Activity:
Print, from the listing below, the lines starting at the line containing "use mathlib.Core.List.Perm" and ending at the line containing "-- No query", exactly as they stand, and print nothing else.

Records for the task:

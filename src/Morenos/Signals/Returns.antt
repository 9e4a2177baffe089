-- ===== src/Morenos/Signals/Returns.antt =====
-- The exceptions of `build_scan_pair`, at any range.
use radar_software.Prelude.{
  ℕ, ◌≤◌, ◌≡◌, refl, ◌||◌, true, Option, some, inl, inr, arith, ltb, Bool-cases, mul32,
}
use radar_software.Double.{Double}
use radar_software.Morenos.Settings.{duty_factor}
use radar_software.Morenos.Query.{QueryType}
use radar_software.Morenos.Signals.{
  SignalParams, SignalType, signal_tbl, get_signal_code, pulse_train_length, create_scan_pair,
  build_scan_pair, scan_duration,
}
use radar_software.Morenos.Signals.Total.{new_scan_pair-le, signal_tbl_pulses}

-- The computation gives some value.
abbrev pub Gives {ℓ} : {A : Type ℓ} → Option A → Type ℓ
Gives {A} o = (a : A) × (o ≡ some a)

create_scan_pair-Gives :
    (double : Double) (signal_params : SignalParams) (tau_nsec : ℕ) (range : double.D)
    → signal_params.pulse_number_high ≤ 16
    → Gives (create_scan_pair double signal_params tau_nsec range)
unfolding create_scan_pair
create_scan_pair-Gives double signal_params tau_nsec range few =
    elim (Bool-cases (ltb high wanted || ltb wanted signal_params.pulses_number_low)) [
      | inl bad ↦ rw (bad, new_scan_pair-le 1 (omega arith)) (_, refl)
      | inr good ↦
          rw (good, new_scan_pair-le wanted (ground arith))
            (elim (Bool-cases
              (ltb signal_params.period_high period || ltb period signal_params.period_low)) [
                | inl bad ↦ rw (bad, new_scan_pair-le 1 (omega arith)) (_, refl)
                | inr fits ↦ rw fits (_, refl)
              ])
    ]
  where
    wanted : ℕ
    wanted = pulse_train_length tau_nsec

    high : ℕ
    high = signal_params.pulse_number_high

    period : ℕ
    period = mul32 signal_params.duration duty_factor

-- Where the computed duration is positive.
pub build_scan_pair-Gives :
    (double : Double) (range rcs : double.D) (type : QueryType)
    → double.lt (double.decimal 0 0) (scan_duration double range rcs) ≡ true
    → Gives (build_scan_pair double range rcs type)
unfolding build_scan_pair
build_scan_pair-Gives double range rcs type positive =
    rw positive
      (create_scan_pair-Gives double (signal_tbl code) tau_nsec range (signal_tbl_pulses code))
  where
    tau_nsec : ℕ
    tau_nsec =
        double.to_u64 (double.mul (scan_duration double range rcs) (double.decimal 1000000000 0))

    code : SignalType
    code = get_signal_code tau_nsec type
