-- ===== src/Morenos/Scheduler/Order.antt =====
-- The order in which a pass visits the queries.
use mathlib.Core.List.Perm
use mathlib.Core.List.{Perm, perm_middle, append-nil}
use radar_software.Prelude.{
  ℕ, ◌≡◌, false, List, [], ◌∷◌, ◌++◌, map, inl, inr, Bool-cases, All, All-imp,
}
use radar_software.Double.{Double, IsWeakOrder}
use radar_software.Morenos.Query.{Query}
use radar_software.Morenos.Scheduler.{refresh, insert, sort_from, order_queries}

module _ (double : Double) where
  open double use {D, lt}

  -- No query has a lower priority than one behind it.
  abbrev pub ByPriority : List (Query D) → Type 0
  ByPriority [] = Unit
  ByPriority (q ∷ queries) =
      All (λ other. lt q.p_value other.p_value ≡ false) queries × ByPriority queries

  insert-perm :
      (q : Query D) (queries : List (Query D)) → Perm (insert double q queries) (q ∷ queries)
  unfolding insert
  insert-perm q [] = Perm.refl (q ∷ [])
  insert-perm q (other ∷ queries) = elim (Bool-cases (lt other.p_value q.p_value)) [
    | inl e ↦ rw e (Perm.refl (q ∷ other ∷ queries))
    | inr e ↦
        rw e (Perm.trans (Perm.cons other (insert-perm q queries)) (Perm.swap q other queries))
  ]

  sort_from-perm :
      (sorted queries : List (Query D)) → Perm (sort_from double sorted queries) (queries ++ sorted)
  unfolding sort_from
  sort_from-perm sorted [] = Perm.refl sorted
  sort_from-perm sorted (q ∷ queries) =
      Perm.trans (sort_from-perm (insert double q sorted) queries)
        (Perm.trans (Perm.append_left queries (insert-perm q sorted)) (perm_middle queries sorted))

  All-insert :
      (P : Query D → Type 0) (q : Query D) (queries : List (Query D))
      → P q
      → All P queries
      → All P (insert double q queries)
  unfolding insert
  All-insert P q [] p a = (p, tt)
  All-insert P q (other ∷ queries) p a = elim (Bool-cases (lt other.p_value q.p_value)) [
    | inl e ↦ rw e (p, a)
    | inr e ↦ rw e (a.0, All-insert P q queries p a.1)
  ]

  pub All-sort_from :
      (P : Query D → Type 0) (sorted queries : List (Query D))
      → All P sorted
      → All P queries
      → All P (sort_from double sorted queries)
  unfolding sort_from
  All-sort_from P sorted [] a b = a
  All-sort_from P sorted (q ∷ queries) a b =
      All-sort_from P (insert double q sorted) queries (All-insert P q sorted b.0 a) b.1

  pub All-order_queries :
      (P : Query D → Type 0) (time : ℕ) (queries : List (Query D))
      → All P (map (refresh double time) queries)
      → All P (order_queries double time queries)
  unfolding order_queries
  All-order_queries P time [] a = All-sort_from P [] [] tt tt
  All-order_queries P time (q ∷ []) a = a
  All-order_queries P time (q ∷ other ∷ queries) a =
      All-sort_from P [] (map (refresh double time) (q ∷ other ∷ queries)) tt a

  All-insert_back :
      (P : Query D → Type 0) (q : Query D) (queries : List (Query D))
      → All P (insert double q queries)
      → P q × All P queries
  unfolding insert
  All-insert_back P q [] a = a
  All-insert_back P q (other ∷ queries) a = elim (Bool-cases (lt other.p_value q.p_value)) [
    | inl e ↦ rw e at a
    | inr e ↦
        let behind : P other × All P (insert double q queries) = rw e at a in
        let rest = All-insert_back P q queries behind.1 in (rest.0, (behind.0, rest.1))
  ]

  All-sort_from_back :
      (P : Query D → Type 0) (sorted queries : List (Query D))
      → All P (sort_from double sorted queries)
      → All P sorted × All P queries
  unfolding sort_from
  All-sort_from_back P sorted [] a = (a, tt)
  All-sort_from_back P sorted (q ∷ queries) a =
      let rest = All-sort_from_back P (insert double q sorted) queries a in
      let here = All-insert_back P q sorted rest.0 in (here.1, (here.0, rest.1))

  -- What holds of each query in the order of the visits holds of each up to date.
  pub All-order_queries_back :
      (P : Query D → Type 0) (time : ℕ) (queries : List (Query D))
      → All P (order_queries double time queries)
      → All P (map (refresh double time) queries)
  unfolding order_queries
  All-order_queries_back P time [] a = tt
  All-order_queries_back P time (q ∷ []) a = a
  All-order_queries_back P time (q ∷ other ∷ queries) a =
      (All-sort_from_back P [] (map (refresh double time) (q ∷ other ∷ queries)) a).1

  module _ (weak : IsWeakOrder lt) where
    insert-ByPriority :
        (q : Query D) (queries : List (Query D))
        → ByPriority queries
        → ByPriority (insert double q queries)
    unfolding insert
    insert-ByPriority q [] h = (tt, tt)
    insert-ByPriority q (other ∷ queries) h = elim (Bool-cases (lt other.p_value q.p_value)) [
      | inl e ↦ rw e (
        (
          weak.asym _ _ e,
          All-imp (λ later. lt other.p_value later.p_value ≡ false)
              (λ later. lt q.p_value later.p_value ≡ false) queries
              (λ later k. weak.not_trans _ _ _ (weak.asym _ _ e) k) h.0,
        ),
        h,
      )
      | inr e ↦ rw e (
        All-insert (λ later. lt other.p_value later.p_value ≡ false) q queries e h.0,
        insert-ByPriority q queries h.1,
      )
    ]

    sort_from-ByPriority :
        (sorted queries : List (Query D))
        → ByPriority sorted
        → ByPriority (sort_from double sorted queries)
    unfolding sort_from
    sort_from-ByPriority sorted [] h = h
    sort_from-ByPriority sorted (q ∷ queries) h =
        sort_from-ByPriority (insert double q sorted) queries (insert-ByPriority q sorted h)

  -- A pass visits exactly the queries of the scheduler, each as often as it is there, with their
  -- priorities brought up to date.
  pub order_queries-perm :
      (time : ℕ) (queries : List (Query D))
      → Perm (order_queries double time queries) (map (refresh double time) queries)
  unfolding order_queries
  order_queries-perm time [] = Perm.refl []
  order_queries-perm time (q ∷ []) = Perm.refl (refresh double time q ∷ [])
  order_queries-perm time (q ∷ other ∷ queries) =
      rw append-nil at (sort_from-perm [] (map (refresh double time) (q ∷ other ∷ queries)))

-- A pass visits exactly the queries of the scheduler with their priorities brought up to date, and
-- none before one of a higher priority, where `<` orders the values as it does without NaN.
pub order_queries_lem :
    (double : Double) (time : ℕ) (queries : List (Query double.D))
    → IsWeakOrder double.lt
    → Perm (order_queries double time queries) (map (refresh double time) queries)
      × ByPriority double (order_queries double time queries)
unfolding order_queries
order_queries_lem double time [] weak = (order_queries-perm double time [], tt)
order_queries_lem double time (q ∷ []) weak = (order_queries-perm double time (q ∷ []), (tt, tt))
order_queries_lem double time (q ∷ other ∷ queries) weak = (
  order_queries-perm double time (q ∷ other ∷ queries),
  sort_from-ByPriority double weak [] (map (refresh double time) (q ∷ other ∷ queries)) tt,
)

Completed exercise:
use mathlib.Core.List.Perm
use mathlib.Core.List.{Perm, perm_middle, append-nil}
use radar_software.Prelude.{
  ℕ, ◌≡◌, false, List, [], ◌∷◌, ◌++◌, map, inl, inr, Bool-cases, All, All-imp,
}
use radar_software.Double.{Double, IsWeakOrder}
use radar_software.Morenos.Query.{Query}
use radar_software.Morenos.Scheduler.{refresh, insert, sort_from, order_queries}

module _ (double : Double) where
  open double use {D, lt}

  -- No query has a lower priority than one behind it.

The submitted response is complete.